Gina sighed. ‘All right, I’m with you, but just be careful. I don’t want to wake up in a police cell.’

Joe strode up the short path to the front door, their shoes loud in the street, and rattled at the front door handle. To his surprise, it was unlocked.

The door creaked as it opened, into a dark hallway, the shadows of the stained glass around the door painting the way ahead. Joe walked slowly, not wanting to make a noise, even though he had seen the man drive away. There was a room to his right. He pushed at the door and it swung open into what looked like a living room.

Gina went to turn on the light, her hand on the switch. Joe held up his hand. He pulled out his phone to light up the room, wanting to keep his presence secret from whoever was outside. The light from the screen was faint but enough to make out what was there. A standard lamp in one corner and a sofa and two chairs clustered around a fireplace, the tiles around it old and flowered, the grate matt black.

Joe frowned. ‘It’s an old-fashioned place.
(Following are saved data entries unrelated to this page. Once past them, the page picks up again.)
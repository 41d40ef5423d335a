-- ===== src/Va/Surface.antt =====
-- `encode_surface` of ubuntu/src/encoder.c.
use display_bridge.Prelude.{Bool, true, false, [], ◌∷◌}
use display_bridge.Calls.{check, Calls, done, tell, ◌>>=◌}
use display_bridge.Encoder.{Encoder}
use display_bridge.Gop.{is_idr, recon_surface, ref_surface}
use display_bridge.Params.{fill_pic_param, fill_slice_param}
use display_bridge.Params.Sequence.{fill_seq_param}
use display_bridge.Va.{
  Handle, coded_buf, seq_buf, pic_buf, slice_buf, Contents, sequence, picture, slice, VaCall,
  create_buffer, map_buffer, destroy_buffer, begin_picture, end_picture, sync_surface,
  render_picture,
}
use display_bridge.Va.Submit.{
  submit_packed_sequence_headers, submit_packed_slice_header, submit_rate_control, submit_hrd_param,
  submit_framerate_param,
}

-- A parameter buffer, whose `VA_CHECK`s go to `fail_end`: the result is whether they passed.
unfoldable pub submit_param : Handle → Contents → Calls VaCall Bool
unfolding check
submit_param h contents =
    check (create_buffer h contents) (done false)
      (check (render_picture (h ∷ [])) (done false) (tell (destroy_buffer h) (done true)))

-- `fail_end` and `fail`.
abbrev pub fail_end : Calls VaCall Bool
fail_end = tell end_picture (done false)

-- The rest of the picture, or `fail_end`.
unfoldable pub or_fail_end : Calls VaCall Bool → Calls VaCall Bool → Calls VaCall Bool
or_fail_end p next = p >>= λ ok. elim ok [ true ↦ next | false ↦ fail_end ]

-- A submission whose status is only logged, or not read.
infixr 5 ◌then_also◌
unfoldable pub ◌then_also◌ : Calls VaCall Bool → Calls VaCall Bool → Calls VaCall Bool
p then_also next = p >>= λ st. next

-- What is submitted for an IDR picture only.
unfoldable pub submit_sequence : Encoder → Bool → Calls VaCall Bool
submit_sequence enc false = done true
submit_sequence enc true = submit_param seq_buf (sequence (fill_seq_param enc)) >>= λ ok. elim ok [
  | true ↦ submit_packed_sequence_headers enc then_also done true
  | false ↦ done false
]

-- From the end of the picture on.
unfoldable pub finish_picture : Calls VaCall Bool
unfolding check
finish_picture =
    check end_picture (done false)
      (check sync_surface (done false) (check (map_buffer coded_buf) (done false) (done true)))

-- `encode_surface`: whether it returns 0. It changes the state of the encoder by `Gop.advance`, and
-- its output is the segment of the coded buffer that it maps.
unfoldable pub encode_surface : Encoder → Calls VaCall Bool
unfolding check
encode_surface enc =
    let idr = is_idr enc in
    let pic = fill_pic_param enc (recon_surface enc) (ref_surface enc) idr in
    let slice_param = fill_slice_param enc (ref_surface enc) idr in
    check begin_picture (done false) (
      or_fail_end (submit_sequence enc idr) (
        submit_rate_control enc
        then_also submit_hrd_param enc
        then_also submit_framerate_param enc
        then_also or_fail_end (submit_param pic_buf (picture pic)) (
            submit_packed_slice_header enc idr
            then_also or_fail_end (submit_param slice_buf (slice slice_param)) finish_picture)))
Look at all this stuff.’ And he pointed his phone towards the mantelpiece and a shelf by the fire. ‘Just knick-knacks. Old photographs. Souvenirs from Ireland. I can’t see anything new here. It’s like an old person’s house.’

There was a table in one corner with some envelopes. Gina walked over and noted the name. ‘Not Tyrone McCarthy,’ she said, lifting them up. ‘Declan Farrell.’

‘I’ll make a call and see what we can find out,’ Joe said.

He was about to dial Sam’s number when Gina said, ‘It smells fusty in here.’

Joe sniffed at the air. ‘It’s an old house.’

Gina left the room and went towards the stairs. Her feet made the wooden steps creak. Joe followed her out but then he stopped.